Just when you thought the supply chain nightmare was starting to let up, a war breaks out in Ukraine. With the recent economic sanctions being put into place against Russia, how will this war exacerbate the global supply chain headaches that emerged last year, and is this a temporary crisis or one that will have a lasting impact on how we do business? It really is enough to keep one up at night!

A recent article by Tinglong Dai, a professor at Johns Hopkins University, sheds some light on how our global supply chain may be permanently altered by this war and a consequent re-emergence of the “Iron Curtain.” However, things could change if the recent sanctions cause a change in Moscow’s direction. One thing is for certain, 2022 is shaping up to be even more of a challenge than 2021, and who thought that could be possible? Here are three major impacts we will see from this war in 2022 and beyond.

Rising Cost of Energy and Oil-Related Components: The cost of energy will rise. Russia provides nearly 40% of Europe’s natural gas supply and 65% of Germany’s. Russia is the third-largest oil exporter in the world, accounting for 7% of all crude oil and petroleum product imports into the United States. So, when the U.S. recently announced a ban on Russian oil imports, the price of crude hit a 13- year high topping $130 per barrel.

The Keystone XL pipeline was expected to carry 830,000 barrels per day of Alberta oil sands crude to Nebraska, but the project was delayed for the past 12 years due to opposition from U.S. landowners, Native American tribes and environmentalists. Last June, President Biden canceled the border-crossing permit for the pipeline effectively killing the project. This made the environmentalists happy but certainly does not help the current situation as it relates to energy independence.

The bottom line here is that everything that comes from oil will be going up in cost, and there are many things that go into a window and door that are either made from oil derivatives or use a fair amount of energy to produce. As of March 15, oil prices are falling again and are now down to $96 per barrel. But this is still $28 higher per barrel than the average price in 2021. So far, the average price in 2022 is $91.91. Here is the recent price history.

More Strain on Electronics Supply: A lesser-known fact is that 90% of the semiconductor-grade neon used in the United States is produced in Ukraine, and Russia was supplying the U.S. with more than one-third of our country’s palladium, a rare metal also required to make semiconductors.

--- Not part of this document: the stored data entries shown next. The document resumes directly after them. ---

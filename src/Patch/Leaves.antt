-- ===== src/Patch/Leaves.antt =====
-- The loop of `_build_replacement_lines` over the pattern of a script.
use codeng.Prelude.{
  ℕ, suc, ◌+◌, ◌≤◌, ◌<◌, true, false, some, List, [], ◌∷◌, ◌++◌, ◌≡◌, refl, arith, ap, ◌∙◌, length,
  map,
}
use mathlib.Core.List.{append_assoc, append-nil}
use codeng.Workflow.Data.{Text}
use codeng.Patch.Data.{NeedleItem, deletion}
use codeng.Patch.Reverse.{needle}
use codeng.Patch.Chunk.{
  replace_from, Progress, emit_insertions, emit_deletions, emit_tail, all_done, pass_group,
  emit_group, fresh_progress,
}
use codeng.Patch.Emit.{
  result, prefix, result-after, IsPast, replace_from-past, replace_from-insertion,
}
use codeng.Patch.Script.{kept, changed, Script, behind, items_of, edits_of, old_side, new_side}

unfoldable pub future : ℕ → Script → List Progress
unfolding edits_of
future j bs = map fresh_progress (edits_of j bs)

le-behind : (ds : List Text) (j : ℕ) → j ≤ behind ds j
le-behind [] j = omega arith
le-behind (d ∷ ds) j = omega (arith, le-behind ds (suc j))

-- edits at later indices wait
emit_insertions-future :
    (bs : Script) (j k : ℕ) → j < k → emit_insertions j (future k bs) ≡ ([], future k bs)
unfolding emit_insertions edits_of future
emit_insertions-future [] j k h = refl
emit_insertions-future (kept t ∷ bs) j k h = emit_insertions-future bs j (suc k) (omega arith)
emit_insertions-future (changed ds added ∷ bs) j k h =
    rw (emit_insertions-future bs j (behind ds k) (omega (arith, le-behind ds k))) (ground arith)

emit_deletions-future :
    (bs : Script) (j k : ℕ) → j < k → emit_deletions j (future k bs) ≡ ([], future k bs)
unfolding emit_deletions edits_of future
emit_deletions-future [] j k h = refl
emit_deletions-future (kept t ∷ bs) j k h = emit_deletions-future bs j (suc k) (omega arith)
emit_deletions-future (changed ds added ∷ bs) j k h =
    rw (emit_deletions-future bs j (behind ds k) (omega (arith, le-behind ds k))) (ground arith)

-- an edit that deletes, after some of its deletions
abbrev midway : ℕ → ℕ → ℕ → List Text → Progress
midway start count consumed added = record {
  edit = record { start_pat_index = start; del_count = count; additions = added };
  consumed = consumed;
  inserted = false;
}

-- what a script gives behind an index
unfoldable pub Leaves : ℕ → Script → List Text → Type 0
unfolding items_of old_side new_side future
Leaves j bs post =
    result (replace_from j (items_of bs) (old_side bs ++ post) (future j bs)) ≡ some (new_side bs)

emit_insertions-midway :
    (j start count k : ℕ) (added : List Text) (ps : List Progress)
    → 0 < count
    → emit_insertions j (midway start count k added ∷ ps)
      ≡ pass_group (midway start count k added) (emit_insertions j ps)
unfolding emit_insertions
emit_insertions-midway j start count k added ps h = ground arith

emit_deletions-more :
    (j start count k : ℕ) (added : List Text) (ps : List Progress)
    → j ≡ start + k
    → k + 1 < count
    → emit_deletions j (midway start count k added ∷ ps)
      ≡ pass_group (midway start count (k + 1) added) (emit_deletions j ps)
unfolding emit_deletions
emit_deletions-more j start count k added ps at h = ground arith

-- an edit whose deletions are all met
abbrev finished : ℕ → ℕ → ℕ → List Text → Progress
finished start count k added = record (midway start count k added) { inserted = true }

emit_deletions-last :
    (j start count k : ℕ) (added : List Text) (ps : List Progress)
    → j ≡ start + k
    → k + 1 ≡ count
    → emit_deletions j (midway start count k added ∷ ps)
      ≡ emit_group (midway start count (k + 1) added) (emit_deletions j ps)
unfolding emit_deletions
emit_deletions-last j start count k added ps at h = ground arith

delete_one :
    (xs : List NeedleItem) (ls : List Text) (d : Text) (j : ℕ) (ps qs : List Progress)
    (added : List Text)
    → emit_insertions j ps ≡ ([], ps)
    → emit_deletions j ps ≡ (added, qs)
    → result (replace_from j (needle deletion d ∷ xs) (d ∷ ls) ps)
      ≡ prefix added (result (replace_from (suc j) xs ls qs))
unfolding replace_from
delete_one xs ls d j ps qs added a b =
    rw (a, b, replace_from) (result-after added (replace_from (suc j) xs ls qs))

delete_all :
    (ds : List Text) (d : Text) (j start count k : ℕ) (added : List Text) (bs : Script)
    (post : List Text)
    → j ≡ start + k
    → k + suc (length ds) ≡ count
    → Leaves (behind ds (suc j)) bs post
    → result (
        replace_from j
          (map (needle deletion) (d ∷ ds) ++ items_of bs)
          ((d ∷ ds) ++ (old_side bs ++ post))
          (midway start count k added ∷ future (behind ds (suc j)) bs))
      ≡ some (added ++ new_side bs)
unfolding Leaves
delete_all [] d j start count k added bs post at size rest =
    let fut = future (suc j) bs in
    let p = midway start count k added in
    let q = finished start count (k + 1) added in
    let ps = p ∷ fut in
    let ins : emit_insertions j ps ≡ ([], ps) =
      emit_insertions-midway j start count k added fut (omega arith)
      ∙ ap (pass_group p) (emit_insertions-future bs j (suc j) (omega arith)) in
    let del : emit_deletions j ps ≡ (added ++ [], q ∷ fut) =
      emit_deletions-last j start count k added fut at (omega arith)
      ∙ ap (emit_group (midway start count (k + 1) added))
          (emit_deletions-future bs j (suc j) (omega arith)) in
    let past : IsPast (suc j) q = record {
      over = omega arith;
      met = omega arith;
      inserted = refl;
    } in
    delete_one (items_of bs) (old_side bs ++ post) d j ps (q ∷ fut) (added ++ []) ins del
    ∙ ap
        (λ l.
          prefix l (result (replace_from (suc j) (items_of bs) (old_side bs ++ post) (q ∷ fut))))
        (append-nil added)
    ∙ ap (prefix added)
        (replace_from-past (items_of bs) (suc j) (old_side bs ++ post) q fut past ∙ rest)
delete_all (e ∷ ds) d j start count k added bs post at size rest =
    let fut = future (behind ds (suc (suc j))) bs in
    let xs = map (needle deletion) (e ∷ ds) ++ items_of bs in
    let ls = (e ∷ ds) ++ (old_side bs ++ post) in
    let ps = midway start count k added ∷ fut in
    let qs = midway start count (k + 1) added ∷ fut in
    let ins : emit_insertions j ps ≡ ([], ps) =
      emit_insertions-midway j start count k added fut (omega arith)
      ∙ ap (pass_group (midway start count k added)) (
          emit_insertions-future bs j (behind ds (suc (suc j)))
            (omega (arith, le-behind ds (suc (suc j))))) in
    let del : emit_deletions j ps ≡ ([], qs) =
      emit_deletions-more j start count k added fut at (omega arith)
      ∙ ap (pass_group (midway start count (k + 1) added)) (
          emit_deletions-future bs j (behind ds (suc (suc j)))
            (omega (arith, le-behind ds (suc (suc j))))) in
    delete_one xs ls d j ps qs [] ins del
    ∙ ap (prefix [])
        (delete_all ds e (suc j) start count (k + 1) added bs post (omega arith) (omega arith) rest)

pub script-Leaves : (bs : Script) (j : ℕ) (post : List Text) → Leaves j bs post
unfolding Leaves items_of old_side new_side future edits_of replace_from emit_tail all_done
script-Leaves [] j post = refl
script-Leaves (kept t ∷ bs) j post =
    rw (emit_insertions-future bs j (suc j) (omega arith), replace_from)
      (result-after (t ∷ [])
          (replace_from (suc j) (items_of bs) (old_side bs ++ post) (future (suc j) bs))
        ∙ ap (prefix (t ∷ [])) (script-Leaves bs (suc j) post))
script-Leaves (changed [] added ∷ bs) j post =
    replace_from-insertion (items_of bs) j (old_side bs ++ post) added (future j bs)
    ∙ ap (prefix added) (script-Leaves bs j post)
script-Leaves (changed (d ∷ ds) added ∷ bs) j post =
    let ps = future j (changed (d ∷ ds) added ∷ bs) in
    let xs = map (needle deletion) (d ∷ ds) ++ items_of bs in
    ap (λ ls. result (replace_from j xs (d ∷ ls) ps)) (append_assoc ds (old_side bs) post)
    ∙ delete_all ds d j j (suc (length ds)) 0 added bs post (omega arith) (omega arith)
        (script-Leaves bs (behind ds (suc j)) post)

Semiconductor producers do have enough inventory to fulfill immediate needs but are now scrambling to find alternative suppliers. Disruptions in supply and higher costs to produce electronic components will surely follow. All of this is hitting as the world tries to recover from a severe chip shortage, which has slowed auto production, and sent new and used car prices through the roof. This factor will drive up the costs and increase the lead times of automated machinery used to make windows and doors. One of my customers is finally receiving a new welder this month that was ordered 16 months ago. “When I got the call that the new welder was expected to ship this month, I had forgotten that I ordered it,” he half-jokingly commented.

Impact on Logistics: The third major impact we will see is more delays in moving raw materials and components from the East to the West. Soon after Russia launched their attack on Ukraine, 36 countries, including EU members, the U.S., and Canada, closed their airspace to Russian aircraft. Russia retaliated by closing its airspace to these same countries. As a result, goods transported by air freight from China to Europe or the Eastern U.S. will, in many cases, need to go via less efficient or more costly routes. The result will be increased transportation costs and longer lead times.

The China-Europe rail freight route that goes through Russia was really starting to help alleviate the congestion we saw in 2021 at major ports. However, due to the war, we are seeing many cancellations along this railway from European clients, which will once again increase the congestion at the ports. In addition, rising gasoline and diesel costs will drive up transportation and delivery costs in the trucking industry. We are already seeing the effects of this on shipping quotes.

So, what can window fabricators do to overcome these recent challenges? The simple answer is for the window industry to keep doing what we did to survive 2021. Stay close to your suppliers, keep the lines of communication open, give and seek adequate notice of cost increases and delays, forecast product usage, improve manufacturing efficiencies, develop contingency plans for every raw material and component, and last but not least—treat your employees as great as you can.